▶ **Directions**
Please transcribe exactly, and only, the lines of the data below between the line holding "after_judge next e keys s trouble (core, raised failure)" and the line holding "none ↦ (none, none)", inclusive.

(Stored items)
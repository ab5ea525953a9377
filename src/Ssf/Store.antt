-- ===== src/Ssf/Store.antt =====
-- MemoryReplayStore of src/axiam_sdk/ssf/_receiver.py, the interface that a store gives to the
-- receiver, and what the receiver makes of its answer.
use axiam_python_sdk.Base.{ℕ, ◌+◌, String, List, [], ◌∷◌, ◌++◌, if◌then◌else◌, is_some}
use axiam_python_sdk.Dict.{Dict, lookup, put}
use axiam_python_sdk.Expiring.{forget}
use axiam_python_sdk.Ssf.{
  Failure, refusal, other, network_from, Result, ok, raised, replayed, SecurityEvent,
}

-- The answers of a store: new and recorded, already held, or an exception.
pub data Answer : Type 0 where
  fresh held : Answer
  cannot : Failure → Answer

-- A store with its state: `check_and_record` for the configured window.
abbrev pub Asks : Type 0 → Type 0
Asks S = String → S → S × Answer

pub record MemoryReplayStore : Type 0 where
  pub seen : Dict ℕ

-- MemoryReplayStore.check_and_record
unfoldable pub check_and_record : ℕ → ℕ → Asks MemoryReplayStore
check_and_record window now jti s =
    let kept = forget now s.seen in
    if is_some (lookup jti kept)
    then (record { seen = kept }, held)
    else (record { seen = put jti (now + window) kept }, fresh)

-- _store_failure: an error of the SDK passes through, all else becomes a NetworkError
unfoldable pub store_failure : Failure → Failure
store_failure (refusal reason) = network_from (refusal reason)
store_failure (other message) = network_from (other message)
store_failure failure = failure

-- _record
unfoldable pub settle : SecurityEvent → Answer → Result SecurityEvent
unfolding store_failure
settle event fresh = ok event
settle event held = raised (refusal replayed)
settle event (cannot failure) = raised (store_failure failure)

-- A store beside the list of the ids that it answered to be new, in the order of the calls.
abbrev pub noted : Answer → String → List String → List String
noted fresh jti ids = ids ++ jti ∷ []
noted held jti ids = ids
noted (cannot failure) jti ids = ids

abbrev pub logged : {S : Type 0} → Asks S → Asks (S × List String)
logged asks jti (s, ids) = let (s', answer) = asks jti s in ((s', noted answer jti ids), answer)
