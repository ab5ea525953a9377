-- ===== src/Ssf/Verify.antt =====
-- SsfReceiver._judge and verify_set of src/axiam_sdk/ssf/_receiver.py.
pub mod Recorded
use axiam_python_sdk.Base.{ℕ, String, Option, none, some}
use axiam_python_sdk.Json.{Fields}
use axiam_python_sdk.Runtime.{Runtime}
use axiam_python_sdk.Ssf.{Result, ok, raised, ◌>>=◌, SecurityEvent}
use axiam_python_sdk.Ssf.Parse.{Parsed, parse}
use axiam_python_sdk.Ssf.Keys.{Core}
use axiam_python_sdk.Ssf.KeyLookup.{Web, Http, Progress, key_for}
use axiam_python_sdk.Ssf.Judge.{Config, judge}
use axiam_python_sdk.Ssf.Store.{Answer, Asks, settle}

-- What a receiver is built from.
pub record Setup : Type 0 where
  pub rt : Runtime
  pub web : Web
  pub cfg : Config

-- What one verification meets: the readings of the clock, and the answers to its requests.
pub record World : Type 0 where
  pub clock : ℕ → ℕ
  pub http : ℕ → Http

module _ (u : Setup) where
  abbrev pub judge_found :
      Parsed → Option String → Progress (Option Fields) → Core × Result SecurityEvent
  judge_found parsed expected p =
      (p.core, p.answer >>= λ found. judge u.web.jose u.cfg parsed found expected)

  abbrev pub judge_parsed :
      World → Option String → Core → Result Parsed → Core × Result SecurityEvent
  judge_parsed w expected core (raised e) = (core, raised e)
  judge_parsed w expected core (ok parsed) =
      judge_found parsed expected (key_for u.web w.clock w.http parsed.kid core)

  -- _judge: steps 1 to 8; the store is not asked
  unfoldable pub judge_set : World → String → Option String → Core → Core × Result SecurityEvent
  judge_set w token expected core = judge_parsed w expected core (parse u.rt token)

  module _ {S : Type 0} (asks : Asks S) where
    abbrev pub record_event : S → Core × Result SecurityEvent → (Core × S) × Result SecurityEvent
    record_event s (core, raised e) = ((core, s), raised e)
    record_event s (core, ok event) =
        let (s', answer) = asks event.jti s in ((core, s'), settle event answer)

    -- verify_set: steps 1 to 9
    unfoldable pub verify_set : World → String → Core × S → (Core × S) × Result SecurityEvent
    verify_set w token (core, s) = record_event s (judge_set w token none core)
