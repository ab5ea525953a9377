-- ===== src/Ssf/Poll.antt =====
-- The batch of SsfReceiver.poll in src/axiam_sdk/ssf/_receiver.py: every token of a reply is judged,
-- and the good ones are recorded.
pub mod Logged
pub mod Partition
pub mod Outage
pub mod Total
use axiam_python_sdk.Base.{ℕ, String, Bool, true, false, Option, none, some, List, [], ◌∷◌, length}
use axiam_python_sdk.Json.{Value, str}
use axiam_python_sdk.Ssf.{
  Failure, FailureReason, refusal, network, network_from, auth, authz, other, Result, ok, raised,
  malformed, SecurityEvent, RefusedSet,
}
use axiam_python_sdk.Ssf.Keys.{Core}
use axiam_python_sdk.Ssf.Store.{Answer, fresh, held, cannot, Asks, settle, store_failure}
use axiam_python_sdk.Ssf.Verify.{Setup, World, judge_set}

-- One member of the reply's `sets`, and what its verification meets.
pub record Entry : Type 0 where
  pub jti : String
  pub set : Value
  pub world : World

pub data Category : Type 0 where
  key_fetch replay_store : Category

-- The first failure that is no verdict.
abbrev pub Trouble : Type 0
Trouble = Option (Failure × Category)

pub record Collected : Type 0 where
  pub events : List SecurityEvent
  pub refused : List RefusedSet
  pub unjudged : List String
  pub trouble : Trouble

-- A batch: the state after it, and how it ended.
pub record Batch (S : Type 0) : Type 0 where
  pub core : Core
  pub store : S
  pub ended : Result Collected

abbrev pub keys_of : List Entry → List String
keys_of [] = []
keys_of (e ∷ es) = e.jti ∷ keys_of es

-- `failure or fetch`
abbrev pub first_trouble : Trouble → Failure → Trouble
first_trouble none e = some (e, key_fetch)
first_trouble (some t) e = some t

abbrev pub changed : (Collected → Collected) → Result Collected → Result Collected
changed f (ok c) = ok (f c)
changed f (raised e) = raised e

module _ {S : Type 0} where
  abbrev pub add_event : SecurityEvent → Batch S → Batch S
  add_event event b = record b {
    ended = changed (λ c. record c { events = event ∷ c.events }) b.ended;
  }

  abbrev pub add_refused : String → FailureReason → Batch S → Batch S
  add_refused jti reason b = record b {
    ended =
        changed (λ c. record c { refused = (record { jti = jti; reason = reason }) ∷ c.refused })
          b.ended;
  }

  abbrev pub add_unjudged : String → Batch S → Batch S
  add_unjudged jti b = record b {
    ended = changed (λ c. record c { unjudged = jti ∷ c.unjudged }) b.ended;
  }

  -- the loop ends here: the rest is unjudged
  abbrev pub stop : Core → S → List String → Trouble → Batch S
  stop core s keys trouble = record {
    core = core;
    store = s;
    ended = ok (record { events = []; refused = []; unjudged = keys; trouble = trouble });
  }

  -- an exception leaves the poll
  abbrev pub escape : Core → S → Failure → Batch S
  escape core s e = record { core = core; store = s; ended = raised e }

module _ {S : Type 0} (next : Core → S → Trouble → Batch S) (core : Core) where
  -- what the loop does with what `_record` raised
  unfoldable pub after_failure : String → S → Failure → Batch S
  after_failure jti s (refusal reason) = add_refused jti reason (next core s none)
  after_failure jti s (network message) =
      add_unjudged jti (next core s (some (network message, replay_store)))
  after_failure jti s (network_from cause) =
      add_unjudged jti (next core s (some (network_from cause, replay_store)))
  after_failure jti s e = escape core s e

  unfoldable pub after_record : String → S → Result SecurityEvent → Batch S
  unfolding after_failure
  after_record jti s (ok event) = add_event event (next core s none)
  after_record jti s (raised e) = after_failure jti s e

  -- a token that passed steps 1 to 8
  unfoldable pub after_judgement : Asks S → String → SecurityEvent → S → Trouble → Batch S
  unfolding after_record
  after_judgement asks jti event s (some trouble) = add_unjudged jti (next core s (some trouble))
  after_judgement asks jti event s none =
      let (s', answer) = asks event.jti s in after_record jti s' (settle event answer)

module _ (u : Setup) {S : Type 0} (asks : Asks S) where
  unfoldable pub after_judge :
      (Core → S → Trouble → Batch S)
      → Entry
      → List String
      → S
      → Trouble
      → Core × Result SecurityEvent
      → Batch S
  unfolding after_judgement
  after_judge next e keys s trouble (core, ok event) =
      after_judgement next core asks e.jti event s trouble
  after_judge next e keys s trouble (core, raised (refusal reason)) =
      add_refused e.jti reason (next core s trouble)
  after_judge next e keys s trouble (core, raised failure) =
      stop core s keys (first_trouble trouble failure)

  unfoldable pub judge_entry :
      (Core → S → Trouble → Batch S) → Entry → List String → Core → S → Trouble → Value → Batch S
  unfolding after_judge
  judge_entry next e keys core s trouble (str token) =
      after_judge next e keys s trouble (judge_set u e.world token (some e.jti) core)
  judge_entry next e keys core s trouble _ = add_refused e.jti malformed (next core s trouble)

  -- the loop over the pairs
  unfoldable pub poll_sets : List Entry → Core → S → Trouble → Batch S
  unfolding judge_entry
  poll_sets [] core s trouble = stop core s [] trouble
  poll_sets (e ∷ es) core s trouble =
      judge_entry (poll_sets es) e (keys_of (e ∷ es)) core s trouble e.set

-- _finish_poll: the error that the result carries, and the telemetry event that is emitted
unfoldable pub finish_poll : Collected → Option Failure × Option (ℕ × Category)
finish_poll c = elim c.unjudged [
  | [] ↦ (none, none)
  | jti ∷ jtis ↦ elim c.trouble [
    | none ↦ (none, none)
    | some (failure, category) ↦ (some failure, some (length (jti ∷ jtis), category))
  ]
]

▶ **Your response**
  after_judge next e keys s trouble (core, raised failure) =
      stop core s keys (first_trouble trouble failure)

  unfoldable pub judge_entry :
      (Core → S → Trouble → Batch S) → Entry → List String → Core → S → Trouble → Value → Batch S
  unfolding after_judge
  judge_entry next e keys core s trouble (str token) =
      after_judge next e keys s trouble (judge_set u e.world token (some e.jti) core)
  judge_entry next e keys core s trouble _ = add_refused e.jti malformed (next core s trouble)

  -- the loop over the pairs
  unfoldable pub poll_sets : List Entry → Core → S → Trouble → Batch S
  unfolding judge_entry
  poll_sets [] core s trouble = stop core s [] trouble
  poll_sets (e ∷ es) core s trouble =
      judge_entry (poll_sets es) e (keys_of (e ∷ es)) core s trouble e.set

-- _finish_poll: the error that the result carries, and the telemetry event that is emitted
unfoldable pub finish_poll : Collected → Option Failure × Option (ℕ × Category)
finish_poll c = elim c.unjudged [
  | [] ↦ (none, none)
  | jti ∷ jtis ↦ elim c.trouble [
    | none ↦ (none, none)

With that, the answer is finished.